Exercise:
From the line containing "some (message, record" down to the line containing "some (some d)" in the records below, reproduce every line exactly, ends included, and omit all others.

Stored data:

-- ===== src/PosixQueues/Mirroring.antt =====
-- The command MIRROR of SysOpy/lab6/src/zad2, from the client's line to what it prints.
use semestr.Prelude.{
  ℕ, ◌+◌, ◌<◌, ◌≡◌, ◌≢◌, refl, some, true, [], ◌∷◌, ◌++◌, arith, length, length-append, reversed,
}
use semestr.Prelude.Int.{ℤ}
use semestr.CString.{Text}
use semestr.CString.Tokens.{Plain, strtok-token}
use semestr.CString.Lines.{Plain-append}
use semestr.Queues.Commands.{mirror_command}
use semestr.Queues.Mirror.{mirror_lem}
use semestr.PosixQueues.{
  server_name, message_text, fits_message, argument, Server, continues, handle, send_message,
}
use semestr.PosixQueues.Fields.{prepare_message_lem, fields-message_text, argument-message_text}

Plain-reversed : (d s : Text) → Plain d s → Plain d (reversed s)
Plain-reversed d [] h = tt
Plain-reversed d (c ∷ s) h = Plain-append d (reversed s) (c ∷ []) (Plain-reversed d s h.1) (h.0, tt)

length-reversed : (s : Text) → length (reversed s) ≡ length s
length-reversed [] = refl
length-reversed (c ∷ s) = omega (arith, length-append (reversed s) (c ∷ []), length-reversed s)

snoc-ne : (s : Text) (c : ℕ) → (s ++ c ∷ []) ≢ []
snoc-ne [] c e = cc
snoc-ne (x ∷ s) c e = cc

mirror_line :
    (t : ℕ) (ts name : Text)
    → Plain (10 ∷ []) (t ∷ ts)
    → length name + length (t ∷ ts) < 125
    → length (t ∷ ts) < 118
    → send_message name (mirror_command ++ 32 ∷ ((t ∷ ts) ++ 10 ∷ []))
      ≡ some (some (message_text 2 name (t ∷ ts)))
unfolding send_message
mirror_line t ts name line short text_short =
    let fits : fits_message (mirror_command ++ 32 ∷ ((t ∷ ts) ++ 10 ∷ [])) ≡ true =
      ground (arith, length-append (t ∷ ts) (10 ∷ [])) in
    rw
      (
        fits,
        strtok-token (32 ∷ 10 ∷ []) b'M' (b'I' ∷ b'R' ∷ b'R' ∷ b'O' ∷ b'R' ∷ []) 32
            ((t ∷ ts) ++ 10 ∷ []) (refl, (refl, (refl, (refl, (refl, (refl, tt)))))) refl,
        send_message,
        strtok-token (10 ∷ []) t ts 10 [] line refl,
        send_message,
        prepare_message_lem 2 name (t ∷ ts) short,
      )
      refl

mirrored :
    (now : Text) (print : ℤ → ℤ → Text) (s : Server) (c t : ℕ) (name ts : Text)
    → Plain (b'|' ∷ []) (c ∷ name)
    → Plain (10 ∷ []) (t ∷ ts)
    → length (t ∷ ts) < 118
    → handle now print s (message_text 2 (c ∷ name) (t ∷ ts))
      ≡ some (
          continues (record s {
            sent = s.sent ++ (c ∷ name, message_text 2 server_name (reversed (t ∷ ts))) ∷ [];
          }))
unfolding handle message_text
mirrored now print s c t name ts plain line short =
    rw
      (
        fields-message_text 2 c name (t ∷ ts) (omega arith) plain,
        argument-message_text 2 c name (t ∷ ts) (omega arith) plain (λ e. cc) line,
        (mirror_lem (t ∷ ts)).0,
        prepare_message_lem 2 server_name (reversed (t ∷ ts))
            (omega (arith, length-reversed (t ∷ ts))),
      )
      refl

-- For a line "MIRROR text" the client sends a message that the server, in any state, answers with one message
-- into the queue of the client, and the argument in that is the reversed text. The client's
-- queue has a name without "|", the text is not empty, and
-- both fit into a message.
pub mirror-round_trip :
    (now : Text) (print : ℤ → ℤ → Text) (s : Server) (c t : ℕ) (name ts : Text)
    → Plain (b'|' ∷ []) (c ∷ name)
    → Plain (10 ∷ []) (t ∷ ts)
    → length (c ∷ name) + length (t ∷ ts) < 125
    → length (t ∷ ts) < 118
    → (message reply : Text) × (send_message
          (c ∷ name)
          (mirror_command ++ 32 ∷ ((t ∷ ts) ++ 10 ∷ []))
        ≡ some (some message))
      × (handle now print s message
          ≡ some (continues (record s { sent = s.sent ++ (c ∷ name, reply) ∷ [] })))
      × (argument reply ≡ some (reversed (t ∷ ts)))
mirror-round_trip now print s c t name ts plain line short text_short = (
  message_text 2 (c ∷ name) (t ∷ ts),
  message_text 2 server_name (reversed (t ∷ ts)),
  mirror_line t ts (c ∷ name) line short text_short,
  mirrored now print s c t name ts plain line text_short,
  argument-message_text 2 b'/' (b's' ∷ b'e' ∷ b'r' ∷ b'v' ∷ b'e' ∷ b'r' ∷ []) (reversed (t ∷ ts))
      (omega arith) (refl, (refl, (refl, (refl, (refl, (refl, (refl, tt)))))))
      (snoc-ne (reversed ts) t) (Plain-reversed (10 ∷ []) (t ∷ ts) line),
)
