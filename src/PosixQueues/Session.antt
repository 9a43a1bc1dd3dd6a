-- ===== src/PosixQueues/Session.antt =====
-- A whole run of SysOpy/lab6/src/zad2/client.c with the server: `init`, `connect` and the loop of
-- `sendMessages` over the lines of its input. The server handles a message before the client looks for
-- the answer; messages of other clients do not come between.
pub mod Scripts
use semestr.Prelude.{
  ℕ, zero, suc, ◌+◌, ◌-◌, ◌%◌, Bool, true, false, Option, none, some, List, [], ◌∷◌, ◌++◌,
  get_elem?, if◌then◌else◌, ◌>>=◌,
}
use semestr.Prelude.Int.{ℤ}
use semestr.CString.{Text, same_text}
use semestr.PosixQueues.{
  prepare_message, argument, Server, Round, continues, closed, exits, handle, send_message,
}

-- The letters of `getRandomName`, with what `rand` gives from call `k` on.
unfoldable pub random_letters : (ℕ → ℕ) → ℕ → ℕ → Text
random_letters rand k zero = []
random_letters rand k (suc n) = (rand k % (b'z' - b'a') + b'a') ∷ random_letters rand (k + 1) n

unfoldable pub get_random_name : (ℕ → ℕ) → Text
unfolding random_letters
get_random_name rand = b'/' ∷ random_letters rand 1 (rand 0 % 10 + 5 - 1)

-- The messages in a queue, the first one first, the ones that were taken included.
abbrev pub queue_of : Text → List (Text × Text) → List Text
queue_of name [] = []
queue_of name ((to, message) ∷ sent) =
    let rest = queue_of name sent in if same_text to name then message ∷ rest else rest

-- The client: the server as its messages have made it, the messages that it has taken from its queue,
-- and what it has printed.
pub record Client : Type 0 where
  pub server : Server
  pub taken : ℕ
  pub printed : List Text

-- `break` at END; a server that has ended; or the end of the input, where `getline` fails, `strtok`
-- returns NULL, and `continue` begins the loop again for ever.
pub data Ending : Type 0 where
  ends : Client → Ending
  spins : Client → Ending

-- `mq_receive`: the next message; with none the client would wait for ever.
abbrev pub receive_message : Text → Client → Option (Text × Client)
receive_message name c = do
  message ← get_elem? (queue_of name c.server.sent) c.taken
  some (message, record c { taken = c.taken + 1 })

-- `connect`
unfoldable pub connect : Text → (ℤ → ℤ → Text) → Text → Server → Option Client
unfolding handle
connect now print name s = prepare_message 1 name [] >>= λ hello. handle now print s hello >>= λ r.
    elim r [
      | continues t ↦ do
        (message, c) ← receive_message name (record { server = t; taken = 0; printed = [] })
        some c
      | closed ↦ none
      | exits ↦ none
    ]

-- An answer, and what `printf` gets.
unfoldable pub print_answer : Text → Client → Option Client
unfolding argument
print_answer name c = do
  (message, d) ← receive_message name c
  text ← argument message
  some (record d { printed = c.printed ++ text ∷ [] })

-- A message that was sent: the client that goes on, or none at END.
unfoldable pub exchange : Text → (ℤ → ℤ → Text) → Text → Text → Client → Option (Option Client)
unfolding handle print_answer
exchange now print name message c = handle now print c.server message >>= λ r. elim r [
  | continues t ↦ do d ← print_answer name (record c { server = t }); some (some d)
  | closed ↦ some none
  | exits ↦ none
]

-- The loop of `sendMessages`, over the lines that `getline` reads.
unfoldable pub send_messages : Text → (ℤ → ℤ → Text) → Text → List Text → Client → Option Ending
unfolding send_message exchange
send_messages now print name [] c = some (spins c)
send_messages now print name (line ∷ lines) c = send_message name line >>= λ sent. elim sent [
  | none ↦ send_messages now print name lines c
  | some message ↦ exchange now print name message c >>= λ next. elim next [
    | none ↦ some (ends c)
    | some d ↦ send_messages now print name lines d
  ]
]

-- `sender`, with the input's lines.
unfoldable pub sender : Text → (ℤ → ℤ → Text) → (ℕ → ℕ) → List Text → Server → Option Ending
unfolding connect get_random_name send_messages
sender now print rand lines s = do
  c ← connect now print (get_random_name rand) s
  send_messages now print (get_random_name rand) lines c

Completed exercise:
  some (message, record c { taken = c.taken + 1 })

-- `connect`
unfoldable pub connect : Text → (ℤ → ℤ → Text) → Text → Server → Option Client
unfolding handle
connect now print name s = prepare_message 1 name [] >>= λ hello. handle now print s hello >>= λ r.
    elim r [
      | continues t ↦ do
        (message, c) ← receive_message name (record { server = t; taken = 0; printed = [] })
        some c
      | closed ↦ none
      | exits ↦ none
    ]

-- An answer, and what `printf` gets.
unfoldable pub print_answer : Text → Client → Option Client
unfolding argument
print_answer name c = do
  (message, d) ← receive_message name c
  text ← argument message
  some (record d { printed = c.printed ++ text ∷ [] })

-- A message that was sent: the client that goes on, or none at END.
unfoldable pub exchange : Text → (ℤ → ℤ → Text) → Text → Text → Client → Option (Option Client)
unfolding handle print_answer
exchange now print name message c = handle now print c.server message >>= λ r. elim r [
  | continues t ↦ do d ← print_answer name (record c { server = t }); some (some d)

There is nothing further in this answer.